◆ What the task asks
Please return the whole listing. Keep each line exactly the same.

+---+

-- ===== src/JobService/Outcome.antt =====
-- What `cancel` of the service does to the row, by the status that was read and by the status that
-- the row has when the update reaches it.
use partha.Prelude.{ℕ, suc, ◌≡◌, refl, sym, ◌∙◌, ap, true, false, Option, some}
use mathlib.Core.Path.{subst}
use partha.Table.{find, IsKeyed}
use partha.Jobs.{
  JobStatus, queued, running, completed, failed, cancelled, AnalysisJob, job_key, is_queued,
  is_running,
}
use partha.Database.{Database}
use partha.Session.{Session, Outcome, ok, raised, conflict}
use partha.JobService.{AnalysisJobService}
use partha.JobService.Cancel.{cancelled_job, flagged_job, cancel_running, cancel_queued, cancel_job}
use partha.JobService.CancelRuns.{
  cancel_running_flagged, cancel_running_refused, cancel_running_stopped, cancel_queued_done,
  cancel_queued_again, after_miss, after_miss-IsKeyed, after_miss-find, same_id,
}

-- What the caller gets and what the row becomes, by the status that was read, the status that the
-- row has, and the two readings of the clock.
abbrev pub CancelledAs :
    JobStatus → JobStatus → ℕ → ℕ → AnalysisJob → Outcome AnalysisJob → Option AnalysisJob → Type 0
CancelledAs queued queued now later row r found =
    (r ≡ ok (cancelled_job now row)) × (found ≡ some (cancelled_job now row))
CancelledAs queued running now later row r found =
    (r ≡ ok (flagged_job later row)) × (found ≡ some (flagged_job later row))
CancelledAs running running now later row r found =
    (r ≡ ok (flagged_job now row)) × (found ≡ some (flagged_job now row))
CancelledAs _ _ now later row r found = (r ≡ raised conflict) × (found ≡ some row)

module _ (service : AnalysisJobService) (job row : AnalysisJob) (s : Session)
    (k : IsKeyed job_key s.work.jobs) (here : find job_key job.id s.work.jobs ≡ some row)
    (mine : row.owner_id ≡ service.owner_id) where
  -- A description of what a run leaves, for the row under the id that was read.
  abbrev Ended : JobStatus → JobStatus → Outcome AnalysisJob × Session → Type 0
  Ended read actual (r, after) =
      CancelledAs read actual (service.clock s.ticks) (service.clock (suc s.ticks)) row r
        (find job_key job.id after.committed.jobs)

  waiting : job.status ≡ queued → cancel_queued service job s ≡ cancel_job service job s
  unfolding cancel_job
  waiting e = rw e refl

  other : is_queued job.status ≡ false → cancel_running service job s ≡ cancel_job service job s
  unfolding cancel_job
  other e = rw e refl

  -- The row was read as queued, and runs now.
  again_running :
      is_queued row.status ≡ false
      → is_running row.status ≡ true
      → Ended queued running (cancel_queued service job s)
  again_running taken run =
      subst (Ended queued running) (sym (cancel_queued_again service job row s k here mine taken)) (
        subst
          (λ i.
            let (r, after) =
              cancel_running service row (after_miss service job row s k here mine) in
            let flagged = flagged_job (service.clock (suc s.ticks)) row in
            (r ≡ ok flagged) × (find job_key i after.committed.jobs ≡ some flagged))
          (same_id service job row s k here mine)
          (cancel_running_flagged service row row (after_miss service job row s k here mine)
            (after_miss-IsKeyed service job row s k here mine)
            (after_miss-find service job row s k here mine taken) mine run run))

  -- The row was read as queued, and is finished now.
  again_finished :
      is_queued row.status ≡ false
      → is_running row.status ≡ false
      → Ended queued completed (cancel_queued service job s)
  again_finished taken idle =
      subst (Ended queued completed)
        (sym (
          cancel_queued_again service job row s k here mine taken
          ∙ cancel_running_stopped service row row (after_miss service job row s k here mine)
              (after_miss-IsKeyed service job row s k here mine)
              (after_miss-find service job row s k here mine taken) mine idle))
        (
          refl,
          ap (λ (i : ℕ). find job_key i (after_miss service job row s k here mine).work.jobs)
                (sym (same_id service job row s k here mine))
              ∙ after_miss-find service job row s k here mine taken,
        )

  flagged-Ended :
      is_running row.status ≡ true
      → job.status ≡ running
      → Ended running running (cancel_job service job s)
  flagged-Ended run e =
      subst (Ended running running) (other (rw e refl))
        (cancel_running_flagged service job row s k here mine run (rw e refl))

  refused-Ended :
      is_running row.status ≡ false
      → job.status ≡ running
      → Ended running completed (cancel_job service job s)
  refused-Ended idle e =
      subst (Ended running completed) (other (rw e refl))
        (cancel_running_refused service job row s k here mine idle (rw e refl))

  module _ (clean : s.committed ≡ s.work) where
    stopped-Ended :
        is_queued job.status ≡ false
        → is_running job.status ≡ false
        → Ended completed completed (cancel_job service job s)
    stopped-Ended idle still =
        subst (Ended completed completed)
          (sym (cancel_running_stopped service job row s k here mine still) ∙ other idle)
          (refl, ap (λ (db : Database). find job_key job.id db.jobs) clean ∙ here)

    ended :
        (read actual : JobStatus)
        → job.status ≡ read
        → row.status ≡ actual
        → Ended read actual (cancel_job service job s)
    ended queued queued e f =
        subst (Ended queued queued) (waiting e)
          (cancel_queued_done service job row s k here mine (rw f refl))
    ended queued running e f =
        subst (Ended queued running) (waiting e) (again_running (rw f refl) (rw f refl))
    ended queued completed e f =
        subst (Ended queued completed) (waiting e) (again_finished (rw f refl) (rw f refl))
    ended queued failed e f =
        subst (Ended queued completed) (waiting e) (again_finished (rw f refl) (rw f refl))
    ended queued cancelled e f =
        subst (Ended queued completed) (waiting e) (again_finished (rw f refl) (rw f refl))
    ended running running e f = flagged-Ended (rw f refl) e
    ended running queued e f = refused-Ended (rw f refl) e
    ended running completed e f = refused-Ended (rw f refl) e
    ended running failed e f = refused-Ended (rw f refl) e
    ended running cancelled e f = refused-Ended (rw f refl) e
    ended completed actual e f = stopped-Ended (rw e refl) (rw e refl)
    ended failed actual e f = stopped-Ended (rw e refl) (rw e refl)
    ended cancelled actual e f = stopped-Ended (rw e refl) (rw e refl)

-- In a session that has written nothing yet and sees one row for each id, a cancellation of a job of
-- this owner that was read with one status and has this or another one by now: a job read and still queued becomes cancelled; a job read as
-- queued and claimed since, or read as running and still running, stays with its worker and is
-- flagged, and the caller gets the row as it then is. In every other case the caller gets a conflict
-- and the committed row is as it was.
pub cancel_job_lem :
    (service : AnalysisJobService) (job row : AnalysisJob) (s : Session)
    → IsKeyed job_key s.work.jobs
    → find job_key job.id s.work.jobs ≡ some row
    → row.owner_id ≡ service.owner_id
    → s.committed ≡ s.work
    → let (r, after) = cancel_job service job s in
      CancelledAs job.status row.status
        (service.clock s.ticks)
        (service.clock (suc s.ticks))
        row
        r
        (find job_key job.id after.committed.jobs)
cancel_job_lem service job row s k here mine clean =
    ended service job row s k here mine clean job.status row.status refl refl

+---+

◆ Output of the exercise
-- ===== src/JobService/Outcome.antt =====
-- What `cancel` of the service does to the row, by the status that was read and by the status that
-- the row has when the update reaches it.
use partha.Prelude.{ℕ, suc, ◌≡◌, refl, sym, ◌∙◌, ap, true, false, Option, some}
use mathlib.Core.Path.{subst}
use partha.Table.{find, IsKeyed}
use partha.Jobs.{
  JobStatus, queued, running, completed, failed, cancelled, AnalysisJob, job_key, is_queued,
  is_running,
}
use partha.Database.{Database}
use partha.Session.{Session, Outcome, ok, raised, conflict}
use partha.JobService.{AnalysisJobService}
use partha.JobService.Cancel.{cancelled_job, flagged_job, cancel_running, cancel_queued, cancel_job}
use partha.JobService.CancelRuns.{
  cancel_running_flagged, cancel_running_refused, cancel_running_stopped, cancel_queued_done,
  cancel_queued_again, after_miss, after_miss-IsKeyed, after_miss-find, same_id,
}

-- What the caller gets and what the row becomes, by the status that was read, the status that the
-- row has, and the two readings of the clock.
abbrev pub CancelledAs :
    JobStatus → JobStatus → ℕ → ℕ → AnalysisJob → Outcome AnalysisJob → Option AnalysisJob → Type 0
CancelledAs queued queued now later row r found =
    (r ≡ ok (cancelled_job now row)) × (found ≡ some (cancelled_job now row))
CancelledAs queued running now later row r found =
    (r ≡ ok (flagged_job later row)) × (found ≡ some (flagged_job later row))
CancelledAs running running now later row r found =
    (r ≡ ok (flagged_job now row)) × (found ≡ some (flagged_job now row))
CancelledAs _ _ now later row r found = (r ≡ raised conflict) × (found ≡ some row)

module _ (service : AnalysisJobService) (job row : AnalysisJob) (s : Session)
    (k : IsKeyed job_key s.work.jobs) (here : find job_key job.id s.work.jobs ≡ some row)
    (mine : row.owner_id ≡ service.owner_id) where
  -- A description of what a run leaves, for the row under the id that was read.
  abbrev Ended : JobStatus → JobStatus → Outcome AnalysisJob × Session → Type 0
  Ended read actual (r, after) =
      CancelledAs read actual (service.clock s.ticks) (service.clock (suc s.ticks)) row r
        (find job_key job.id after.committed.jobs)

  waiting : job.status ≡ queued → cancel_queued service job s ≡ cancel_job service job s
  unfolding cancel_job
  waiting e = rw e refl

  other : is_queued job.status ≡ false → cancel_running service job s ≡ cancel_job service job s
  unfolding cancel_job
  other e = rw e refl

  -- The row was read as queued, and runs now.
  again_running :
      is_queued row.status ≡ false
      → is_running row.status ≡ true
      → Ended queued running (cancel_queued service job s)
  again_running taken run =
      subst (Ended queued running) (sym (cancel_queued_again service job row s k here mine taken)) (
        subst
          (λ i.
            let (r, after) =
              cancel_running service row (after_miss service job row s k here mine) in
            let flagged = flagged_job (service.clock (suc s.ticks)) row in
            (r ≡ ok flagged) × (find job_key i after.committed.jobs ≡ some flagged))
          (same_id service job row s k here mine)
          (cancel_running_flagged service row row (after_miss service job row s k here mine)
            (after_miss-IsKeyed service job row s k here mine)
            (after_miss-find service job row s k here mine taken) mine run run))

  -- The row was read as queued, and is finished now.
  again_finished :
      is_queued row.status ≡ false
      → is_running row.status ≡ false
      → Ended queued completed (cancel_queued service job s)
  again_finished taken idle =
      subst (Ended queued completed)
        (sym (
          cancel_queued_again service job row s k here mine taken
          ∙ cancel_running_stopped service row row (after_miss service job row s k here mine)
              (after_miss-IsKeyed service job row s k here mine)
              (after_miss-find service job row s k here mine taken) mine idle))
        (
          refl,
          ap (λ (i : ℕ). find job_key i (after_miss service job row s k here mine).work.jobs)
                (sym (same_id service job row s k here mine))
              ∙ after_miss-find service job row s k here mine taken,
        )

  flagged-Ended :
      is_running row.status ≡ true
      → job.status ≡ running
      → Ended running running (cancel_job service job s)
  flagged-Ended run e =
      subst (Ended running running) (other (rw e refl))
        (cancel_running_flagged service job row s k here mine run (rw e refl))

  refused-Ended :
      is_running row.status ≡ false
      → job.status ≡ running
      → Ended running completed (cancel_job service job s)
  refused-Ended idle e =
      subst (Ended running completed) (other (rw e refl))
        (cancel_running_refused service job row s k here mine idle (rw e refl))

  module _ (clean : s.committed ≡ s.work) where
    stopped-Ended :
        is_queued job.status ≡ false
        → is_running job.status ≡ false
        → Ended completed completed (cancel_job service job s)
    stopped-Ended idle still =
        subst (Ended completed completed)
          (sym (cancel_running_stopped service job row s k here mine still) ∙ other idle)
          (refl, ap (λ (db : Database). find job_key job.id db.jobs) clean ∙ here)

    ended :
        (read actual : JobStatus)
        → job.status ≡ read
        → row.status ≡ actual
        → Ended read actual (cancel_job service job s)
    ended queued queued e f =
        subst (Ended queued queued) (waiting e)
          (cancel_queued_done service job row s k here mine (rw f refl))
    ended queued running e f =
        subst (Ended queued running) (waiting e) (again_running (rw f refl) (rw f refl))
    ended queued completed e f =
        subst (Ended queued completed) (waiting e) (again_finished (rw f refl) (rw f refl))
    ended queued failed e f =
        subst (Ended queued completed) (waiting e) (again_finished (rw f refl) (rw f refl))
    ended queued cancelled e f =
        subst (Ended queued completed) (waiting e) (again_finished (rw f refl) (rw f refl))
    ended running running e f = flagged-Ended (rw f refl) e
    ended running queued e f = refused-Ended (rw f refl) e
    ended running completed e f = refused-Ended (rw f refl) e
    ended running failed e f = refused-Ended (rw f refl) e
    ended running cancelled e f = refused-Ended (rw f refl) e
    ended completed actual e f = stopped-Ended (rw e refl) (rw e refl)
    ended failed actual e f = stopped-Ended (rw e refl) (rw e refl)
    ended cancelled actual e f = stopped-Ended (rw e refl) (rw e refl)

-- In a session that has written nothing yet and sees one row for each id, a cancellation of a job of
-- this owner that was read with one status and has this or another one by now: a job read and still queued becomes cancelled; a job read as
-- queued and claimed since, or read as running and still running, stays with its worker and is
-- flagged, and the caller gets the row as it then is. In every other case the caller gets a conflict
-- and the committed row is as it was.
pub cancel_job_lem :
    (service : AnalysisJobService) (job row : AnalysisJob) (s : Session)
    → IsKeyed job_key s.work.jobs
    → find job_key job.id s.work.jobs ≡ some row
    → row.owner_id ≡ service.owner_id
    → s.committed ≡ s.work
    → let (r, after) = cancel_job service job s in
      CancelledAs job.status row.status
        (service.clock s.ticks)
        (service.clock (suc s.ticks))
        row
        r
        (find job_key job.id after.committed.jobs)
cancel_job_lem service job row s k here mine clean =
    ended service job row s k here mine clean job.status row.status refl refl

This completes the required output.